= Beginning of Section =

-- ===== src/Config/State/MergeWellFormed.antt =====
-- `merge_membership` and the well-formedness of the state.
use mathlib.Core.Path.{subst}
use native.Mathlib.Nat.{le_trans}
use jj_mesh.Prelude.{
  retain-Sorted, total-retain-le, Ord, nat_ord, bool_ord, pair_ord, list_ord, option_ord,
  reverse_ord, ℕ, ◌≡◌, refl, sym, ap, ◌∙◌, [], foldl, arith,
}
use jj_mesh.Config.Membership.Register.{max_other_peers, max_mesh_repos}
use jj_mesh.Config.Membership.Peers.{peer_register}
use jj_mesh.Config.Membership.Repos.{repo_register}
use jj_mesh.Config.Membership.Adoption.{adopt_all, adopt_all-Sorted, length-adopt_all}
use jj_mesh.Config.Membership.Convergence.{adopt_all-AllEntries}
use jj_mesh.Config.Claims.{count, claims_register}
use jj_mesh.Config.State.Defs.{MeshState, Membership}
use jj_mesh.Config.State.Ops.{is_alive, prune_claims}
use jj_mesh.Config.State.Merge.{
  total_claims, merge_peer, merge_repo, merge_claim, merge_claims, merge_membership,
}
use jj_mesh.Config.State.Loops.{
  valid_repo, valid_peer, SameRepos-merge_peers, SamePeers-merge_repos, SameRecords,
  SameRecords-fold, peers-merge, mesh_repos-merge,
}
use jj_mesh.Config.State.WellFormed.{IsWellFormed}
use jj_mesh.Config.State.Tombstones.{retain-valid_claim, claims_ok}
use jj_mesh.Config.State.Repos.{KeepsRepos}
use jj_mesh.Config.State.MergeKeeps.{
  KeepsMachine, KeepsMachine-merge_peers, KeepsRepos-merge_repos, KeepsClaims-merge_claims,
  KeepsClaims,
}

module _ {E : Type 0} ⦃oe : Ord E⦄ where
  module _ (local : E) (s : MeshState E) (remote : Membership E) (w : IsWellFormed local s) where
    after_peers : MeshState E
    after_peers = foldl (merge_peer local) s remote.peers

    after_repos : MeshState E
    unfolding after_peers
    after_repos = (foldl merge_repo (after_peers, []) remote.repos).0

    repos_kept : KeepsRepos after_repos
    unfolding after_repos
    repos_kept =
        let same = SameRepos-merge_peers local s remote.peers in
        KeepsRepos-merge_repos (after_peers, []) remote.repos
          (record {
            repos_sorted = rw same.0 w.repos_sorted;
            registered = rw (same.0, same.1) w.registered;
            claims_version = rw same.2 w.claims_version;
            claims_valid = rw same.2 w.claims_valid;
            claims_sorted = rw same.2 w.claims_sorted;
          })

    after_claims : MeshState E × ℕ
    after_claims =
        foldl (merge_claim local) (after_repos, total_claims after_repos.peer_claims) remote.claims

    same_peer_claims : after_repos.peer_claims ≡ s.peer_claims
    unfolding after_repos
    same_peer_claims =
        (SamePeers-merge_repos (after_peers, []) remote.repos).2
        ∙ (SameRepos-merge_peers local s remote.peers).3

    claims_kept : KeepsClaims after_claims.0 after_claims.1
    unfolding after_claims
    claims_kept =
        KeepsClaims-merge_claims local (after_repos, total_claims after_repos.peer_claims)
          remote.claims
          (record {
            own_version = repos_kept.claims_version;
            own_valid = repos_kept.claims_valid;
            own_sorted = repos_kept.claims_sorted;
            sorted = rw same_peer_claims w.peer_claims_sorted;
            all_ok = rw same_peer_claims (claims_ok s.peers s.peer_claims w.peer_claims_valid);
            counted = refl;
            capped = rw same_peer_claims w.peer_claims_cap;
          })

    merged : MeshState E
    merged = (merge_membership s remote local).0

    peers_of_merged :
        merged.peers ≡ adopt_all (valid_peer local) max_other_peers s.peers remote.peers
    unfolding merged
    peers_of_merged = peers-merge s remote local

    mesh_of_merged :
        merged.mesh_repos ≡ adopt_all valid_repo max_mesh_repos s.mesh_repos remote.repos
    unfolding merged
    mesh_of_merged = mesh_repos-merge s remote local

    merged_shape : merged ≡ prune_claims after_claims.0
    unfolding merged after_claims merge_membership merge_claims after_repos
    merged_shape = refl

    same_records : SameRecords after_claims.0 after_repos
    unfolding after_claims
    same_records =
        SameRecords-fold local (after_repos, total_claims after_repos.peer_claims) remote.claims

    machine_kept : KeepsMachine s after_claims.0
    unfolding after_repos after_peers
    machine_kept =
        let one = KeepsMachine-merge_peers local s remote.peers w.machine_version in
        let same = same_records.0 ∙ (SamePeers-merge_repos (after_peers, []) remote.repos).0 in
        (rw same one.0, rw same one.1)

    peers_merged :
        after_claims.0.peers ≡ adopt_all (valid_peer local) max_other_peers s.peers remote.peers
    unfolding prune_claims
    peers_merged = ap MeshState.peers (sym merged_shape) ∙ peers_of_merged

    mesh_merged :
        after_claims.0.mesh_repos ≡ adopt_all valid_repo max_mesh_repos s.mesh_repos remote.repos
    unfolding prune_claims
    mesh_merged = ap MeshState.mesh_repos (sym merged_shape) ∙ mesh_of_merged

    pruned-IsWellFormed : IsWellFormed local (prune_claims after_claims.0)
    unfolding prune_claims
    pruned-IsWellFormed = record {
      name_valid = rw machine_kept.0 w.name_valid;
      machine_version = machine_kept.1;
      peers_sorted =
          rw peers_merged (
            adopt_all-Sorted (valid_peer local) max_other_peers s.peers remote.peers
              w.peers_sorted);
      peers_valid = rw peers_merged (
          adopt_all-AllEntries (valid_peer local) max_other_peers s.peers remote.peers
            w.peers_valid);
      peers_cap = rw peers_merged (
          length-adopt_all (valid_peer local) max_other_peers s.peers remote.peers w.peers_sorted
            w.peers_cap);
      repos_sorted = rw same_records.2 repos_kept.repos_sorted;
      registered = rw (same_records.2, same_records.3) repos_kept.registered;
      mesh_sorted =
          rw mesh_merged
            (adopt_all-Sorted valid_repo max_mesh_repos s.mesh_repos remote.repos w.mesh_sorted);
      mesh_valid =
          rw mesh_merged
            (adopt_all-AllEntries valid_repo max_mesh_repos s.mesh_repos remote.repos w.mesh_valid);
      mesh_cap = rw mesh_merged (
          length-adopt_all valid_repo max_mesh_repos s.mesh_repos remote.repos w.mesh_sorted
            w.mesh_cap);
      claims_version = claims_kept.own_version;
      claims_valid = claims_kept.own_valid;
      claims_sorted = claims_kept.own_sorted;
      peer_claims_sorted =
          retain-Sorted (λ k c. is_alive after_claims.0.peers k) after_claims.0.peer_claims
            claims_kept.sorted;
      peer_claims_valid =
          retain-valid_claim after_claims.0.peers after_claims.0.peer_claims claims_kept.all_ok;
      peer_claims_cap =
          le_trans
            (total-retain-le count (λ k c. is_alive after_claims.0.peers k)
              after_claims.0.peer_claims)
            (omega (arith, claims_kept.counted, claims_kept.capped));
    }

  -- Merging any membership into a well-formed state gives a well-formed state: within the caps, with
  -- valid names, versions below the ceiling, and claims of alive machines only.
  pub merge-IsWellFormed :
      (local : E) (s : MeshState E) (remote : Membership E)
      → IsWellFormed local s
      → IsWellFormed local (merge_membership s remote local).0
  unfolding merged
  merge-IsWellFormed local s remote w =
      subst (IsWellFormed local) (sym (merged_shape local s remote w))
        (pruned-IsWellFormed local s remote w)
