-- ===== src/Config/State/Peers.antt =====
-- `add_peer`, on success and on failure.
use jj_mesh.Prelude.{
  is_ok, ok, AllEntries-imp, insert-AllEntries, get-AllEntries, BTreeMap, get, contains_key, insert,
  get-insert, insert-Sorted, eqb_refl, eqb_sound, Ord, nat_ord, bool_ord, pair_ord, list_ord,
  option_ord, reverse_ord, ltb, is_some, length, ℕ, ◌≤◌, ◌<◌, ◌≡◌, refl, ◌≢◌, ◌⊎◌, true, false,
  ◌||◌, none, some, arith,
}
use jj_mesh.Config.Error.{Kind}
use jj_mesh.Config.Name.{Text, validate_name}
use jj_mesh.Config.Membership.Register.{max_other_peers, max_record_version, bumped_version}
use jj_mesh.Config.Membership.Versions.{bumped_version-lt, bumped_version-newer}
use jj_mesh.Config.Membership.Peers.{peer_name, peer_outranks, peer_register, PeerStatus, Peer}
use jj_mesh.Config.Membership.Repos.{repo_register}
use jj_mesh.Config.Membership.Ranking.{peer-IsRanked}
use jj_mesh.Config.Claims.{WorkspaceClaims, claims_register}
use jj_mesh.Config.State.Defs.{paired_name, MeshState}
use jj_mesh.Config.State.Ops.{add_peer}
use jj_mesh.Config.State.Loops.{valid_peer}
use jj_mesh.Config.State.WellFormed.{valid_claim, length-insert_capped, IsWellFormed}

module _ {E : Type 0} ⦃oe : Ord E⦄ where
  new_peer_valid :
      (local endpoint : E) (v : ℕ) (name : Text)
      → endpoint ≢ local
      → v < max_record_version
      → is_ok (validate_name Kind.peer name) ≡ true
      → valid_peer local endpoint (record { version = v; status = PeerStatus.alive name }) ≡ true
  new_peer_valid local endpoint v name ne h valid = ground (arith, eqb_sound endpoint local)

  -- Adding an alive peer keeps the claims of the others valid.
  valid_claim-insert :
      (peers : BTreeMap E Peer) (endpoint : E) (p : Peer)
      → is_some (peer_name p) ≡ true
      → (k : E) (c : WorkspaceClaims) → valid_claim peers k c ≡ true
      → valid_claim (insert endpoint p peers) k c ≡ true
  valid_claim-insert peers endpoint p live k c h = ground (arith, get-insert k endpoint p peers)

  -- What a successful `add_peer` has checked and written
  pub add_peer_state :
      (s : MeshState E) (endpoint : E) (name : Text) {t : MeshState E}
      → add_peer s endpoint name ≡ ok t
      → (v : ℕ) × (bumped_version s.peers endpoint ≡ ok v)
        × (is_ok (validate_name Kind.peer name) ≡ true)
        × (paired_name s endpoint ≡ none)
        × ((contains_key endpoint s.peers || ltb (length s.peers) max_other_peers) ≡ true)
        × (t ≡ record s {
          peers = insert endpoint (record { version = v; status = PeerStatus.alive name }) s.peers;
        })
  unfolding add_peer
  add_peer_state s endpoint name h = ground arith

  -- Pairing a machine other than this one keeps the state well-formed.
  pub add_peer-IsWellFormed :
      (local : E) (s : MeshState E) (endpoint : E) (name : Text) {t : MeshState E}
      → IsWellFormed local s
      → endpoint ≢ local
      → add_peer s endpoint name ≡ ok t
      → IsWellFormed local t
  add_peer-IsWellFormed local s endpoint name w ne h =
      let (v, bumped, valid, fresh, room, e) = add_peer_state s endpoint name h in
      let p : Peer = record { version = v; status = PeerStatus.alive name } in
      let bound = bumped_version-lt s.peers endpoint v bumped in
      rw e (record {
        name_valid = w.name_valid;
        machine_version = w.machine_version;
        peers_sorted = insert-Sorted endpoint p s.peers w.peers_sorted;
        peers_valid =
            insert-AllEntries (valid_peer local) endpoint p s.peers
              (new_peer_valid local endpoint v name ne bound valid) w.peers_valid;
        peers_cap =
            length-insert_capped max_other_peers endpoint p s.peers w.peers_sorted w.peers_cap room;
        repos_sorted = w.repos_sorted;
        registered = w.registered;
        mesh_sorted = w.mesh_sorted;
        mesh_valid = w.mesh_valid;
        mesh_cap = w.mesh_cap;
        claims_version = w.claims_version;
        claims_valid = w.claims_valid;
        claims_sorted = w.claims_sorted;
        peer_claims_sorted = w.peer_claims_sorted;
        peer_claims_valid =
            AllEntries-imp (valid_claim-insert s.peers endpoint p refl) s.peer_claims
              w.peer_claims_valid;
        peer_claims_cap = w.peer_claims_cap;
      })

  -- A paired machine is alive under its name, under a record that outranks the one held before, and
  -- every other machine is as it was.
  add_peer_lem :
      (local : E) (s : MeshState E) (endpoint : E) (name : Text) {t : MeshState E}
      → IsWellFormed local s
      → add_peer s endpoint name ≡ ok t
      → (paired_name s endpoint ≡ none)
        × (paired_name t endpoint ≡ some name)
        × ((other : E) → other ≢ endpoint → get other t.peers ≡ get other s.peers)
        × ((old new : Peer)
            → get endpoint s.peers ≡ some old
            → get endpoint t.peers ≡ some new
            → peer_outranks new old ≡ true)
  add_peer_lem local s endpoint name w h =
      let (v, bumped, valid, fresh, room, e) = add_peer_state s endpoint name h in
      let p : Peer = record { version = v; status = PeerStatus.alive name } in
      rw e (
        fresh,
        rw (get-insert, eqb_refl),
        λ other ne. ground (arith, get-insert other endpoint p s.peers, eqb_sound endpoint other),
        λ old new held now.
            let known = get-AllEntries (valid_peer local) endpoint old s.peers w.peers_valid held in
            let newer = bumped_version-newer s.peers endpoint v old held (ground arith) bumped in
            let same : new ≡ p =
              ground (arith, get-insert endpoint endpoint p s.peers, eqb_refl endpoint) in
            rw same (peer-IsRanked.versioned p old newer),
      )

  -- Adding a machine fails only when the name is not valid, the machine is alive already, it is new and the
  -- mesh is full, or the version of its record is next to the ceiling.
  add_peer_fails :
      (s : MeshState E) (endpoint : E) (name : Text)
      → is_ok (add_peer s endpoint name) ≡ false
      → (is_ok (validate_name Kind.peer name) ≡ false)
        ⊎ (is_some (paired_name s endpoint) ≡ true)
        ⊎ (get endpoint s.peers ≡ none) × (max_other_peers ≤ length s.peers)
        ⊎ (is_ok (bumped_version s.peers endpoint) ≡ false)
  unfolding add_peer
  add_peer_fails s endpoint name h = ground arith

= End of Section =

Retype word for word everything in the listing above from the line that holds "peers_valid = rw" down to the line that holds "(adopt_all-Sorted valid_repo max_mesh_repos". Keep both end lines and leave out the rest.

      peers_valid = rw peers_merged (
          adopt_all-AllEntries (valid_peer local) max_other_peers s.peers remote.peers
            w.peers_valid);
      peers_cap = rw peers_merged (
          length-adopt_all (valid_peer local) max_other_peers s.peers remote.peers w.peers_sorted
            w.peers_cap);
      repos_sorted = rw same_records.2 repos_kept.repos_sorted;
      registered = rw (same_records.2, same_records.3) repos_kept.registered;
      mesh_sorted =
          rw mesh_merged
            (adopt_all-Sorted valid_repo max_mesh_repos s.mesh_repos remote.repos w.mesh_sorted);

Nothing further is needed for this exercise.